›› 2012, Vol. 32 ›› Issue (4): 379-.doi: 10.3969/j.issn.1674-8115.2012.04.001

• Monographic report (Urinary dysfunction and pelvic reconstruction) • Previous Articles     Next Articles

Mechanism and application of nitric oxide synthase neurochemical plasticity in lower urinary tract dysfunction of rats with spinal cord injury

ZHANG Fan, LIAO Li-min   

  1. Department of Urology, China Rehabilitation Research Center, College of Rehabilitation, Capital Medical University, Beijing 100086, China
  • Online:2012-04-28 Published:2012-04-27
  • Supported by:

    Foundation of the Ministry of Science and Technology of China, 2008BAI50B06

Abstract:

Objective To investigate the expression of nitric oxide synthase (NOS) in afferent nerve of lower urinary tract and the effect of intrathecal injection of NOS inhibitors on cystometry parameters in rats with complete spinal cord injury (SCI). Methods ①Twenty-four SD rats were randomly divided into normal control group A, SCI 1 week group, SCI 4 weeks group and SCI 8 weeks group, with 6 rats in each group, and complete SCI model was established in SCI 1 week group, SCI 4 weeks group and SCI 8 weeks group by T10 spinal segment resection. The expression of neuronal NOS (nNOS) and inducible NOS (iNOS) in L6 to S1 spinal segment in each group of rats was detected by immunohistochemistry. ②Another 16 SD rats were randomly divided into normal control group B (n=9) and injury group (n=7), and complete SCI model was established in injury group by T10 spinal segment resection. Four weeks after model establishment, intrathecal injections of 0.1 mL normal saline, 1 μmol nNOS inhibitor and 1 μmol iNOS inhibitor were performed in two groups, and the cystometry parameters were measured in two groups before and after treatment.
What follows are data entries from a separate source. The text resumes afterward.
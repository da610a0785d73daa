-- ===== src/Event/Scan/Verified.antt =====
-- `seek_and_verify_complete_trx` on a file in which the events stand one behind another.
use oblogproxy.Common.{ℕ, suc, ◌<◌, ◌≡◌, refl, ap, List, ◌++◌, true, length, arith, drop_all}
use oblogproxy.Event.Scan.{
  BinlogTrxOverview, binlog_magic, same_bytes, magic_read, verified, seek_and_verify_complete_trx,
}
use oblogproxy.Event.Scan.Layout.{Raw, bytes, LaidOut, handled, scan_trx-handled}

magic_there :
    (fresh : ℕ → List ℕ) (crc32 : List ℕ → ℕ) (heap : List ℕ) (flag : ℕ) (es : List Raw)
    → length (fresh 4) ≡ 4
    → same_bytes (magic_read crc32 fresh heap flag (binlog_magic ++ bytes es)) binlog_magic ≡ true
magic_there fresh crc32 heap flag es sized =
    rw (drop_all (suc (suc (suc (suc (length (bytes es)))))) (fresh 4) (omega (arith, sized))) refl

-- On a file with the magic number and events one behind another, each with a header in range that
-- states where the event ends, the scan needs one unit of fuel more than there are events. It
-- handles each event once and in order, and then verifies the last one of the last complete
-- transaction.
pub seek_and_verify_complete_trx-handled :
    (crc32 : List ℕ → ℕ) (fresh : ℕ → List ℕ) (heap : List ℕ) (flag : ℕ) (es : List Raw) (n : ℕ)
    (trx : BinlogTrxOverview)
    → length (fresh 4) ≡ 4
    → LaidOut 4 es
    → length es < n
    → seek_and_verify_complete_trx crc32 fresh heap flag (binlog_magic ++ bytes es) n trx
      ≡ verified crc32 fresh heap flag
          (binlog_magic ++ bytes es)
          (handled heap flag (binlog_magic ++ bytes es) 4 es (trx, 0))
unfolding seek_and_verify_complete_trx
seek_and_verify_complete_trx-handled crc32 fresh heap flag es n trx sized v enough =
    rw (magic_there fresh crc32 heap flag es sized) (
      ap (verified crc32 fresh heap flag (binlog_magic ++ bytes es)) (
        scan_trx-handled heap flag (binlog_magic ++ bytes es) n es binlog_magic (trx, 0) enough refl
          v))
Results ①The numbers of cells with positive expression of nNOS in spinal dorsal horn in SCI 1 week group and SCI 4 weeks group [(5.5±2.7)/visual field and (10.3±7.9)/visual field] were significantly larger than that in normal control group A [(2.0±1.5)/visual field] (P<0.05), and the number of cells with positive expression of nNOS in spinal ventral horn in SCI 8 weeks group [(6.7±1.5)/visual field] was significantly larger than that in normal control group A [(4.3±1.5)/visual field] (P<0.05). ②The maximum bladder capacity after intrathecal injection of nNOS inhibitor was significantly larger than that before treatment in injury group [(1.58±0.94)mL vs (1.06±0.70) mL](P<0.05). Conclusion Nitric oxide in spinal level may not participate in normal micturition reflex. Nitric oxide-related neurochemical changes in lumbosacral neurons participate in the emergence of spinal micturition reflex following SCI. The manipulation of nitric oxide production may help to treat lower urinary tract dysfunction after SCI.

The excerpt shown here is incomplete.